# PowerPC applications are no longer supported.



## Bill Browne (Oct 26, 2012)

I have just upgraded from Snow Leopard, which I really liked, to Mountain Lion, which I'm not sure about.  When I go to open some of my peripherals or programmes I get this message "PowerPC applications are no longer supported."  I've even tried to re-install, but I get the same message.  I can use my Epsom CX3900 printer but not the Scanner.  

Does this mean I have to now go and buy new everything?  

Apple really upset me when they do things like this.

Desperate.

Bill.


----------



## DeltaMac (Oct 26, 2012)

Use the Epson drivers that Apple supplies: http://support.apple.com/kb/DL1398

Can you use the scanner part of the printer through your Image Capture app, after installing that set of Apple's drivers?
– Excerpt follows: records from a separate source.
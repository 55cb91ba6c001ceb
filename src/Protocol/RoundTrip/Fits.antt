-- ===== src/Protocol/RoundTrip/Fits.antt =====
-- The values that a frame can carry in canonical order.
use enclave_gateway.Base.{
  ◌≤◌, ◌<◌, ◌≡◌, ℕ, zero, suc, ◌^◌, false, List, length, Option, none, some, All,
}
use enclave_gateway.Protocol.Utf8.{utf8_bytes, codes}
use enclave_gateway.Protocol.Utf8.Characters.{IsScalar}
use enclave_gateway.Protocol.Value.{
  Value, Values, Fields, null, bool, num, big, bytes, text, arr, obj, nil, cons, end, field, usual,
  same, items_length, fields_length,
}
use enclave_gateway.Protocol.Encode.{enc_text}
use enclave_gateway.Protocol.Decode.{out_of_order}

abbrev pub IsText : List ℕ → Type 0
IsText s = All IsScalar s × (length (utf8_bytes s) < 2 ^ 64)

-- A value that fits into so many levels, with the keys of each object in the order of the wire
-- and none of them `__proto__`.
unfoldable mutual
  unfolding items_length fields_length enc_text

  pub Fits : ℕ → Value → Type 0
  Fits zero v = ⊥
  Fits (suc l) null = Unit
  Fits (suc l) (bool b) = Unit
  Fits (suc l) (num n) = n < 2 ^ 32
  Fits (suc l) (big n) = (2 ^ 32 ≤ n) × (n < 2 ^ 64)
  Fits (suc l) (bytes b) = length b < 2 ^ 64
  Fits (suc l) (text s) = IsText s
  Fits (suc l) (arr vs) = (items_length vs < 2 ^ 32) × FitItems l vs
  Fits (suc l) (obj usual fs) = (fields_length fs < 2 ^ 64) × FitFields l none fs
  Fits (suc l) _ = ⊥

  pub FitItems : ℕ → Values → Type 0
  FitItems l nil = Unit
  FitItems l (cons v vs) = Fits l v × FitItems l vs

  pub FitFields : ℕ → Option (List ℕ) → Fields → Type 0
  FitFields l prev end = Unit
  FitFields l prev (field k v fs) =
      (out_of_order prev (enc_text k) ≡ false)
      × (same k (codes "__proto__") ≡ false)
      × IsText k
      × Fits l v
      × FitFields l (some (enc_text k)) fs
If not, Vuescan supports it:
http://www.hamrick.com/vuescan/epson_stylus_cx3900.html


----------



## Bill Browne (Oct 27, 2012)

DeltaMac said:


> Use the Epson drivers that Apple supplies: http://support.apple.com/kb/DL1398
> 
> Can you use the scanner part of the printer through your Image Capture app, after installing that set of Apple's drivers?
> 
> ...




Thanks.  Tried both downloads, scanner still doesn't work.  Any more thoughts.

Bill.


----------



## Bill Browne (Oct 27, 2012)

Thanks.  Tried both downloads, scanner still doesn't work.  Any more thoughts or do I have to but another printer/scanner and will that work until the next upgrade only?  Thanks apple, Upgrade $30, new peripherals and programmes priceless.

Bill.


----------



## DeltaMac (Oct 27, 2012)

You may need to uninstall everything Epson from your Mac (so that your old install is completely gone), then do NOT try to install anything from the installer CD that came with your CX3900.
You can download the Epson uninstaller (a current version) from here: http://esupport.epson-europe.com/Pr...ZkGU002FaWywXyICw7bEoviZpquL2Zee8CAU003D&tc=6
You COULD also try the other installers on that same Epson page.
I think the Epson Scan app is still too old, BUT if that Epson Scan is removed, then that may allow the ViewScan software to control your scanner.
After running that Epson uninstaller, run the Epson install that you downloaded from Apple.
Finally, run the ViewScan install again.

Check to make sure that you can still print.
Open the ViewScan software, follow their setup, and test the scanner portion.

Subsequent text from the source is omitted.